I did drive from Port Huron to Traverse City once.

* You measure distance in minutes.
Or hours!

* When giving directions, you refer to "A Michigan Left."
And it's funny when people don't know what you mean.

* You know that Kalamazoo not only exists, but is only 100 miles fom Hell.
See icon above!

* Your year has two seasons: Winter and Construction.
And bad driving all year round.

* Home Depot on any Saturday is busier than toy stores at Christmas.

* You know when it has rained because of the smell of worms.
I love that smell.

* When owning a Japanese car was a hangin' offense in your hometown. (Still is.)

* You believe that "down south" means Toledo.
And Ohio is the enemy.

* Your idea of a seven-course meal is a six-pack and a bucket of smelt.

* You know that Big Mac is something that you drive over.

* You can see a car running in a parking lot with no one in it, no matter what time of the year.
And the most amazing thing is, no one steals it.

* You end your sentences with a preposition; example: "Where's my coat at?"
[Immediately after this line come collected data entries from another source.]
-- ===== src/Examples/Consoles.antt =====
-- The theorems on serial sessions, on a guest that writes, a client that attaches and a shutdown.
use app_runner.Prelude.{ℕ, length, ◌-◌, ◌≡◌, refl, true, false, List, [], ◌∷◌, ◌++◌}
use app_runner.Serial.Session.{
  Session, Event, connected, output, attaching, stopping, clearing, lost, stream, new_session,
  attach, run, step,
}
use app_runner.Serial.Session.Invariant.{IsValid, run-new_session-IsValid, IsDead, run-IsDead}
use app_runner.Serial.Session.History.{outputs, history-run-new_session}
use app_runner.Serial.Session.Delivery.{
  ClientEvent, written, dropped, reads, produced, follow, Delivered, attach-follow,
}

abbrev boot : List Event
boot = connected 1 ∷ output (1 ∷ 2 ∷ 3 ∷ []) ∷ attaching ∷ output (4 ∷ []) ∷ lost 1 ∷ []

run-new_session-IsValid_example : IsValid (run (new_session 2) boot)
run-new_session-IsValid_example = run-new_session-IsValid 2 boot

history-run-new_session_example :
    (older : List ℕ) × (outputs boot ≡ older ++ (run (new_session 2) boot).history)
    × (length older ≡ length (outputs boot) - 2)
history-run-new_session_example = history-run-new_session 2 boot

-- The retained history is the last two bytes.
retains : (run (new_session 2) boot).history ≡ 3 ∷ 4 ∷ []
unfolding run step new_session
retains = refl

abbrev stopping_session : Session
stopping_session = run (new_session 2) (connected 1 ∷ attaching ∷ stopping ∷ [])

is_stopping : stopping_session.stopped ≡ true
unfolding run step
is_stopping = refl

run-IsDead_example : IsDead (run (step stopping_session clearing) (connected 2 ∷ attaching ∷ []))
run-IsDead_example = run-IsDead stopping_session (connected 2 ∷ attaching ∷ []) is_stopping

abbrev connected_session : Session
connected_session = run (new_session 2) (connected 1 ∷ output (1 ∷ 2 ∷ 3 ∷ []) ∷ [])

attaches : (attach connected_session).1 ≡ stream 0
unfolding run attach step new_session
attaches = refl

abbrev follows : List ClientEvent
follows = reads 1 ∷ written (4 ∷ []) ∷ reads 5 ∷ dropped 1 ∷ written (5 ∷ []) ∷ reads 5 ∷ []

attach-follow_example : Delivered (connected_session.history ++ produced follows) (
    follow
      (record { attachment = 0; current = []; closed = false })
      (attach connected_session).0
      follows)
attach-follow_example = attach-follow connected_session 0 follows attaches
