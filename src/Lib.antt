-- ===== src/Lib.antt =====
-- The upgrade controller: a Kubernetes operator that upgrades a cluster, given an UpgradePlan, to a
-- release of the platform, its operating system first, then Kubernetes, then the Helm charts.
--
-- The program's parts and the files that model them:
-- Api.UpgradePlan, Api.ReleaseManifest (api/v1alpha1): the plan with its status and the release
-- manifest, as records with the source's fields; Api.Webhook is upgradeplan_webhook.go.
-- Upgrade.Base, Os, Kubernetes, Container, Helm, ReleaseManifest (internal/upgrade, the files of
-- the same names): the secret, the plans for the System Upgrade Controller (SUC) and the job that
-- an upgrade consists of, and their names.
-- Controller.Reconcile.Loop (internal/controller/upgradeplan_controller.go) has `reconcile`, and
-- Controller.Reconcile, of the same file, `reconcile_delete` and `reconcile_normal`, which goes on
-- to one of the stages: Controller.Os
-- (reconcile_os.go), Controller.Kubernetes (reconcile_kubernetes.go), Controller.Helm
-- (reconcile_helm.go) over Controller.Charts, Releases and Values (helm.go), and
-- Controller.ReleaseManifest (release_manifest.go). Controller.Nodes has the tests on nodes,
-- Controller.Conditions the condition setters, Controller.Stage the ends of branches that the OS
-- and the Kubernetes stage share.
-- Controller.Watches has the map functions and event filters by which changes of the cluster lead
-- back to a plan, and Controller.Watches.Setup their registration. Cmd is cmd/main.go: Cmd.Options
-- has the flags and what the manager and the reconciler get for them, Cmd.Flags Go's package flag.
-- Kube has the third-party objects as far as the code reads or writes them, Errors the errors and
-- panics as values, Prelude the shared helpers, with Go's texts and maps.
--
-- State and effects. A method of the reconciler is a function from a state to a result and a state
-- (Controller.Effects): the cluster, the plan that the method was given by pointer and changes in
-- place, and the calls that it made that change something, the latest first. A result is a value,
-- an error or a panic; a failed call stops the method as the early returns do, and what it did
-- before stays done. `reconcile` starts from the plan that the API server returns. A function of
-- the source that is long is cut where it reads the cluster, into one definition for what follows
-- each read.
--
-- Parameters. Controller.Env collects what the code calls and does not contain: the API server, the
-- Helm storage, the random source, `retry.OnError`, label selectors, conditions, finalizers, the
-- script template, YAML and JSON. A theorem names the documented behaviour that it relies on:
-- ConditionLaws, SelectorLaws, FinalizerLaws, RetryLaws. The webhook's semantic versions are
-- Api.Webhook.Versions. Tests has one concrete environment that meets all the laws.
--
-- Loops are recursions on the list that they run over; no fuel is used. The attempts of
-- `retry.OnError` are counted, five at most. Integers are natural numbers: the code counts nodes and
-- containers and compares generations, and computes with no other integer. A revision or a
-- generation is never negative.
--
-- Cmd has a state of its own: a start is the list of the steps that it takes, with how the program
-- ends.
--
-- Proofs. Controller.Effects.Rules and Keeps have the rules for runs and for invariants of runs,
-- Controller.Stage.Rules and Progress those of the two node stages. Controller.Routing follows the
-- labels of every object from where it is built to the map function of the watches.
-- Controller.Frame says what every method leaves of the plan, and Controller.Progression sets the
-- whole reconciler against an abstract machine with a flag for each stage and chart: a pass is a
-- step of it, and in a cluster where all is done (Settled) the passes that ask for each other end.
--
-- Not modelled: generated code and the registration of the types, logging, and the script of
-- templates/os-upgrade.sh.tpl, which runs on the nodes.
-- `strings.ToLower` is on ASCII letters, which the names of operating systems in a release are.
pub mod Prelude
pub mod Errors
pub mod Kube
pub mod Api
pub mod Upgrade
pub mod Controller
pub mod Cmd
pub mod Tests
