-- ===== src/Api.antt =====
-- api/v1alpha1: the UpgradePlan and ReleaseManifest resources and the admission webhook.
pub mod UpgradePlan
pub mod ReleaseManifest
pub mod Webhook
* All the festivals across the state are named after a fruit, vegetable, grain, or animal. (Except, of course, for Blossomtime and Tulip Time.)

* You think of the four major food groups as beef, pork, BBQ sauce, and beer.
I know a lot of people who do

* You carry jumper cables and snow chains in your trunk. (Bonus points: You know snow chains are illegal in Michigan, but you carry them anyway.)
I have the jumper cables but no snow chains. I do have a snow emergency kit including heavy blankets, water and snacks.

* You design your kids' Halloween costume to fit over a snowsuit.
Or to include a garbage bag as rain gear

* Driving in the winter is better because the pot-holes are filled with snow.
bahahaha It's funny because it's true.

* Your favorite holidays are Christmas,Thanksgiving, and the opening of Deer Season, which you consider a National Holiday.
Halloween and Christmas. I don't do the hunting thing.

* You have 10 favorite recipes for venison.
Leave Bambi alone, you murderers!

* You learned to drive a boat before you could ride a bike.

* You owe more money on your snowmobile than your car.

* Your snowblower has more miles on it than your car.
No, my poor Jeep has certainly gotten around.

* Shoveling the driveway constitutes a great upper body workout.
You have NO idea.

* You’ve ever used the word “bogue.”
Sure, but not since, like, 1993.

* The "Big Three" means either Ford, Chrysler and GM, or Little Caesar's, Domino's, or Hungry Howie's.
Pizza Hut > all

* You think alkaline batteries were named after a Tiger outfielder.

* Your definition of a small Michigan town is one that doesn't have a lake.
Or a post office.

* You define summer as three months of bad sledding.

* You attend a formal event in your best clothing, finest jewelry, and snowmobile boots.
Only if that event is in January

* The municipality buys a Zamboni before a bus.
The word Zamboni makes me sad... is it hockey season yet?

* You have experienced frostbite and sunburn in the same week.

* The orange barrel is considered Michigan's 'other' lighthouse.